PNM: San Juan coal plant uneconomical after 2022

Photo of PNM's San Juan Coal Fired Generator Plant for the Sierra Club Rio Grande Chapter website
For immediate release: Thursday, March 16, 2017
Contact: Camilla Feibelman, Sierra Club Rio Grande Chapter director, 505-715-8388, camilla.feibelman@sierraclub.org

On Thursday, Public Service Company of New Mexico announced that an analysis of San Juan Generating Station in Waterflow, N.M., found that the coal-fired power plant will no longer be economically viable after 2022, when the plant’s coal contract and ownership agreements expire.

This result will almost certainly expedite PNM’s transition from the plant to other sources of power. This latest development comes just a few years after PNM, the state of New Mexico, and other parties agreed on a plan to close two of the plant’s four coal units by December 2017.

It is critical for the owners of San Juan Generating Station to lay out a plan that ensures direct investment into the community and support for the plant’s workers, including taking advantage of the abundant clean energy opportunities and existing transmission available in northwestern New Mexico.  

San Juan Generating Station now joins two other coal plants in the West that are on a path to early closure because of economic concerns– two units at the Colstrip plant in Colstrip, Montana, will close in 2022, and last month utility owners of the Navajo Generating Station announced they will all exit the plant 25 years ahead of schedule.

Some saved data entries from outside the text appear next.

-- ===== src/Device.antt =====
-- src/device.rs: descriptors of devices, the registry of at most 32 of them, and the authorization of
-- opens and calls. `Registry` holds the theorems on the table, `Access` those on authorization.
pub mod Registry
pub mod Access
use Prim.Native.Nat.{ℕ, ◌^◌, bit_and}
use mathlib.Core.Bool.{Bool, true, false, not, ◌&&◌, ◌||◌}
use mathlib.Core.Option
use mathlib.Core.Option.{Option, none, some}
use mathlib.Core.List.{List}
use alani_kernel.Common.Tests.{ltb, ◌==◌, if◌then◌else◌, is_some}
use alani_kernel.Common.Lists.{find, update_first, count, replicate}
use alani_kernel.Error.{KernelError}
use alani_kernel.Outcome
use alani_kernel.Outcome.{KernelResult, ok, err, reject_if, ok_or}
use alani_kernel.Method.{Method, try, ◌>>=◌, ◌>>◌, self, modify, throw_if, ok_or_throw}
use alani_kernel.Capability.{Capability, CapabilitySet, empty, contains_all, require}

-- `MAX_DEVICES`
abbrev pub max_devices : ℕ
max_devices = 32

-- `DeviceId`
abbrev pub DeviceId : Type 0
DeviceId = ℕ

-- `DeviceClass`
pub data DeviceClass : Type 0 where
  console timer block entropy network_sim sensor_sim accelerator memory audit_storage : DeviceClass

-- The `repr(u8)` discriminants: `class as u64`.
unfoldable pub class_code : DeviceClass → ℕ
class_code DeviceClass.console = 0
class_code DeviceClass.timer = 1
class_code DeviceClass.block = 2
class_code DeviceClass.entropy = 3
class_code DeviceClass.network_sim = 4
class_code DeviceClass.sensor_sim = 5
class_code DeviceClass.accelerator = 6
class_code DeviceClass.memory = 7
class_code DeviceClass.audit_storage = 8

-- `DeviceLifecycle`
pub data DeviceLifecycle : Type 0 where
  discovered probed registered configured opened suspended removed : DeviceLifecycle

-- `DmaPolicy`
pub data DmaPolicy : Type 0 where
  no_dma pinned_user kernel_only : DmaPolicy

-- `DeviceOperation`
pub data DeviceOperation : Type 0 where
  query read write submit cancel reset health : DeviceOperation

-- The `repr(u32)` discriminants: `operation as u32`.
unfoldable pub operation_code : DeviceOperation → ℕ
operation_code DeviceOperation.query = 0
operation_code DeviceOperation.read = 1
operation_code DeviceOperation.write = 2
operation_code DeviceOperation.submit = 3
operation_code DeviceOperation.cancel = 4
operation_code DeviceOperation.reset = 5
operation_code DeviceOperation.health = 6

-- `DeviceOperation::from_raw`
unfoldable pub operation_from_raw : ℕ → Option DeviceOperation
operation_from_raw raw =
    if raw == 0
    then some DeviceOperation.query
    else if raw == 1
    then some DeviceOperation.read
    else if raw == 2
    then some DeviceOperation.write
    else if raw == 3
    then some DeviceOperation.submit
    else if raw == 4
    then some DeviceOperation.cancel
    else if raw == 5
    then some DeviceOperation.reset
    else if raw == 6
    then some DeviceOperation.health
    else none

-- `DeviceDescriptor`
pub record DeviceDescriptor : Type 0 where
  pub id : DeviceId
  pub class : DeviceClass
  pub lifecycle : DeviceLifecycle
  pub required_capabilities : CapabilitySet
  pub supported_operations : ℕ
  pub max_input_len : ℕ
  pub max_output_len : ℕ
  pub dma_policy : DmaPolicy

-- `DeviceDescriptor::EMPTY`
abbrev pub empty_descriptor : DeviceDescriptor
empty_descriptor = record {
  id = 0;
  class = DeviceClass.console;
  lifecycle = DeviceLifecycle.removed;
  required_capabilities = empty;
  supported_operations = 0;
  max_input_len = 0;
  max_output_len = 0;
  dma_policy = DmaPolicy.no_dma;
}

unfoldable pub supports : DeviceDescriptor → DeviceOperation → Bool
unfolding operation_code
supports d operation = not (bit_and d.supported_operations (2 ^ operation_code operation) == 0)

-- The lifecycles in which a device may be called.
unfoldable pub is_available_in : DeviceLifecycle → Bool
is_available_in DeviceLifecycle.registered = true
is_available_in DeviceLifecycle.configured = true
is_available_in DeviceLifecycle.opened = true
is_available_in _ = false

-- `DeviceDescriptor::is_available`
unfoldable pub is_available : DeviceDescriptor → Bool
unfolding is_available_in
is_available d = is_available_in d.lifecycle

-- `DeviceSlot`
pub record DeviceSlot : Type 0 where
  pub occupied : Bool
  pub descriptor : DeviceDescriptor

-- `DeviceSlot::EMPTY`
abbrev pub empty_slot : DeviceSlot
empty_slot = record { occupied = false; descriptor = empty_descriptor }

-- `DeviceRegistry`
pub record DeviceRegistry : Type 0 where
  pub slots : List DeviceSlot

-- `DeviceRegistry::new`
abbrev pub new : DeviceRegistry
new = record { slots = replicate max_devices empty_slot }

-- The tests by which `register` chooses a slot and `get` finds a device.
abbrev pub is_vacant : DeviceSlot → Bool
is_vacant s = not s.occupied

abbrev pub holds_device : DeviceId → DeviceSlot → Bool
holds_device id s = s.occupied && s.descriptor.id == id

unfoldable pub get : DeviceRegistry → DeviceId → Option DeviceDescriptor
get r id = Option.map (λ s. s.descriptor) (find (holds_device id) r.slots)

unfoldable pub register : DeviceDescriptor → Method DeviceRegistry (Unit {0})
register descriptor = do
  throw_if (descriptor.id == 0) KernelError.invalid_argument
  r ← self
  throw_if (is_some (get r descriptor.id)) KernelError.duplicate
  slot ← ok_or_throw (find is_vacant r.slots) KernelError.capacity_exceeded
  modify (λ s. record s {
    slots =
        update_first is_vacant (λ _. record { occupied = true; descriptor = descriptor }) s.slots;
  })

unfoldable pub len : DeviceRegistry → ℕ
len r = count (λ s. s.occupied) r.slots

unfoldable pub is_empty : DeviceRegistry → Bool
unfolding len
is_empty r = len r == 0

unfoldable pub authorize_open :
    DeviceRegistry → DeviceId → CapabilitySet → KernelResult DeviceDescriptor
authorize_open r id caller = Outcome.◌>>◌ (require caller Capability.device_open) (
    Outcome.◌>>=◌ (ok_or (get r id) KernelError.not_found) λ d.
      Outcome.◌>>◌ (reject_if (not (is_available d)) KernelError.busy) (
        Outcome.◌>>◌
          (reject_if (not (contains_all caller d.required_capabilities))
            KernelError.missing_capability)
          (ok d)))

unfoldable pub authorize_call :
    DeviceRegistry
    → DeviceId
    → DeviceOperation
    → CapabilitySet
    → ℕ
    → ℕ
    → KernelResult DeviceDescriptor
authorize_call r id operation caller input_len output_len =
    Outcome.◌>>◌ (require caller Capability.device_call) (
      Outcome.◌>>=◌ (ok_or (get r id) KernelError.not_found) λ d.
        Outcome.◌>>◌ (reject_if (not (is_available d)) KernelError.busy) (
          Outcome.◌>>◌ (reject_if (not (supports d operation)) KernelError.invalid_argument) (
            Outcome.◌>>◌
              (reject_if (not (contains_all caller d.required_capabilities))
                KernelError.missing_capability)
              (Outcome.◌>>◌
                (reject_if (ltb d.max_input_len input_len || ltb d.max_output_len output_len)
                  KernelError.buffer_too_large)
                (ok d)))))
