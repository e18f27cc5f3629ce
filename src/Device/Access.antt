-- ===== src/Device/Access.antt =====
-- src/device.rs, `authorize_open` and `authorize_call`: whom they let through.
use Prim.Native.Nat.{ℕ, ◌≤◌}
use mathlib.Core.Path.{◌≡◌}
use mathlib.Core.Logic.{◌↔◌}
use mathlib.Core.Bool.{true}
use mathlib.Core.Option.{some}
use native.Mathlib.Omega.{arith}
use alani_kernel.Outcome.{ok}
use alani_kernel.Capability.{Capability, CapabilitySet, contains, contains_all, require}
use alani_kernel.Device.{
  DeviceId, DeviceDescriptor, DeviceOperation, DeviceRegistry, get, supports, is_available,
  authorize_open, authorize_call,
}

-- The device is in the registry and available, and the caller has what it asks for.
abbrev pub IsOpenFor : DeviceRegistry → DeviceId → CapabilitySet → DeviceDescriptor → Type 0
IsOpenFor r id caller d =
    (get r id ≡ some d)
    × (is_available d ≡ true)
    × (contains_all caller d.required_capabilities ≡ true)

-- `authorize_open` lets a caller through, with the descriptor of the device, exactly if the caller has
-- `DeviceOpen`, the device is registered and available, and the caller has every capability that the
-- device requires.
authorize_open_iff :
    (r : DeviceRegistry) (id : DeviceId) (caller : CapabilitySet) (d : DeviceDescriptor)
    → (authorize_open r id caller ≡ ok d)
      ↔ ((contains caller Capability.device_open ≡ true) × IsOpenFor r id caller d)
unfolding authorize_open require
authorize_open_iff r id caller d = ground arith

-- `authorize_call` lets a caller through, with the descriptor of the device, exactly if the caller has
-- `DeviceCall`, the device is registered and available, it supports the operation, the caller has every
-- capability that the device requires, and both lengths are within the limits of the device.
pub authorize_call_iff :
    (r : DeviceRegistry) (id : DeviceId) (operation : DeviceOperation) (caller : CapabilitySet)
    (input_len output_len : ℕ) (d : DeviceDescriptor)
    → (authorize_call r id operation caller input_len output_len ≡ ok d) ↔ (
        (contains caller Capability.device_call ≡ true)
        × IsOpenFor r id caller d
        × (supports d operation ≡ true)
        × (input_len ≤ d.max_input_len)
        × (output_len ≤ d.max_output_len))
unfolding authorize_call require
authorize_call_iff r id operation caller input_len output_len d = ground arith
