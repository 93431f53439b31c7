-- ===== src/Bullet/Rounds.antt =====
-- The main loop of server/bullet.c.
use hydra_microkernal.Prelude.{ℕ, ◌≤◌, ◌<◌, ◌≡◌, refl, ◌∙◌, ℤ, List, [], ◌∷◌, ◌++◌, arith}
use hydra_microkernal.Bullet.{
  Bullet, MigrationRequest, Received, bullet_round, bullet_rounds, bullet_init, bullet_server_main,
}
use hydra_microkernal.Bullet.Table.{IsTable, SameRequest, bullet_round-IsTable, bullet_init-IsTable}

-- A later state of the table.
pub record Extends (b b' : Bullet) : Type 0 where
  pub table : IsTable b'
  pub longer : b.num_requests ≤ b'.num_requests
  pub same : (i : ℕ) → i < b.num_requests → SameRequest (b.requests i) (b'.requests i)

SameRequest-trans :
    {r r' r'' : MigrationRequest} → SameRequest r r' → SameRequest r' r'' → SameRequest r r''
SameRequest-trans p q = record {
  source = q.source ∙ p.source;
  target = q.target ∙ p.target;
  size = q.size ∙ p.size;
  data_at = q.data_at ∙ p.data_at;
}

Extends-trans : {b b' b'' : Bullet} → Extends b b' → Extends b' b'' → Extends b b''
Extends-trans p q = record {
  table = q.table;
  longer = omega (arith, p.longer, q.longer);
  same = λ i h. SameRequest-trans (p.same i h) (q.same i (omega (arith, p.longer)));
}

-- Rounds keep the table, and the requests in it.
bullet_rounds-Extends :
    (msg_buffer : ℕ) (received : List Received) {b : Bullet}
    → IsTable b
    → Extends b (bullet_rounds msg_buffer received b).0
unfolding bullet_rounds
bullet_rounds-Extends msg_buffer [] t = record {
  table = t;
  longer = omega arith;
  same = λ i h. record { source = refl; target = refl; size = refl; data_at = refl };
}
bullet_rounds-Extends msg_buffer (r ∷ rs) t =
    let (table, longer, same) = bullet_round-IsTable msg_buffer r.words r.msg_size t in
    Extends-trans (record { table = table; longer = longer; same = same })
      (bullet_rounds-Extends msg_buffer rs table)

bullet_rounds-append :
    (msg_buffer : ℕ) (xs ys : List Received) (b : Bullet)
    → (bullet_rounds msg_buffer (xs ++ ys) b).0
      ≡ (bullet_rounds msg_buffer ys (bullet_rounds msg_buffer xs b).0).0
unfolding bullet_rounds
bullet_rounds-append msg_buffer [] ys b = refl
bullet_rounds-append msg_buffer (x ∷ xs) ys b =
    bullet_rounds-append msg_buffer xs ys (bullet_round msg_buffer x.words x.msg_size b).0

-- Whatever messages arrive, the server's table has at most 16 requests, all of them completed, and a request that is in the table after some rounds is
-- there after all later ones, with the same source, target, size and data pointer.
pub bullet_server_main-Extends :
    (pid : ℤ) (msg_buffer : ℕ) (earlier later : List Received) (b : Bullet)
    → IsTable (bullet_server_main pid msg_buffer earlier b).0
      × Extends
          (bullet_server_main pid msg_buffer earlier b).0
          (bullet_server_main pid msg_buffer (earlier ++ later) b).0
unfolding bullet_server_main
bullet_server_main-Extends pid msg_buffer earlier later b =
    let first = bullet_rounds-Extends msg_buffer earlier (bullet_init-IsTable pid b) in
    (
      first.table,
      rw (bullet_rounds-append msg_buffer earlier later (bullet_init pid b))
          (bullet_rounds-Extends msg_buffer later first.table),
    )
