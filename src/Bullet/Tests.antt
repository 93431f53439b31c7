-- ===== src/Bullet/Tests.antt =====
-- The theorems about server/bullet.c at small inputs.
use hydra_microkernal.Prelude.{[], ◌∷◌, ℕ, refl, true, ℤ, pos, ◌==◌, if◌then◌else◌, arith}
use hydra_microkernal.Bullet.{Bullet, MigrationRequest, Received, bullet_server_main}
use hydra_microkernal.Bullet.Rounds.{Extends, bullet_server_main-Extends}
use hydra_microkernal.Bullet.Table.{IsTable}

-- Task 7 has moved to node 4.
abbrev moved : MigrationRequest
moved = record {
  source_pid = pos 7;
  target_node = pos 4;
  process_size = pos 64;
  process_data = 528;
  status = pos 2;
}

abbrev one_moved : Bullet
one_moved = record { server_pid = pos 3; requests = λ i. moved; num_requests = 1; active = true }

-- A migration message of task 7, the sender's word first.
abbrev move_words : ℕ → ℤ
move_words i = if i == 0 then pos 7 else if i == 1 then pos 1 else if i == 2 then pos 5 else pos 64

one_moved-IsTable : IsTable one_moved
one_moved-IsTable = record { room = omega arith; done = λ i h. refl }

abbrev move : Received
move = record { words = move_words; msg_size = pos 20 }

bullet_server_main-Extends_example :
    IsTable (bullet_server_main (pos 3) 512 (move ∷ []) one_moved).0
    × Extends
        (bullet_server_main (pos 3) 512 (move ∷ []) one_moved).0
        (bullet_server_main (pos 3) 512 (move ∷ move ∷ []) one_moved).0
bullet_server_main-Extends_example =
    bullet_server_main-Extends (pos 3) 512 (move ∷ []) (move ∷ []) one_moved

Bill Corcoran, Western Regional Director for Sierra Club’s Beyond Coal Campaign, issued the following statement:

“PNM’s conclusion that closing the San Juan Generating Station 30 years ahead of schedule will save customers money is yet another example of how coal is becoming an economic burden. Following last month’s announcement that the Navajo Generating Station is likely to close decades ahead of schedule, this is the second plant in the Southwest this year to announce early closure because of coal’s costs. These announcements point to why it is so important for us to prepare for the inevitable transition from coal to clean energy. We must take this economic shift seriously and truly think about how we can support workers who have dedicated their lives to keeping our lights on and the communities that have lived in the shadow of pollution. If we don’t prepare for the future, it will be their families who carry the burden.”

Camilla Feibelman, Sierra Club Rio Grande Chapter director, issued the following statement:

“PNM’s announcement is a clear sign that coal is not economically sustainable. Now is the time to focus on an economic transition for the hardworking families in Northwest New Mexico. Fortunately, there is vast solar potential and a massive transmission network that can create clean-energy jobs providing affordable, reliable energy to the region. This will require immediate and thoughtful action from PNM, the state, local government, and other local stakeholders.”

Dan Millis, Sierra Club’s Grand Canyon Chapter Conservation Program coordinator in Tucson, Ariz., issued the following statement:

“The news that New Mexico’s San Juan Generating Station may close well ahead of schedule comes closely on the heels of the Navajo Generating Station closure announcement in northern Arizona. Coal has clearly become an economic burden, and it’s time to focus on investing in clean-energy jobs that can take advantage of our region’s vast renewable-energy potential to provide affordable, reliable energy.”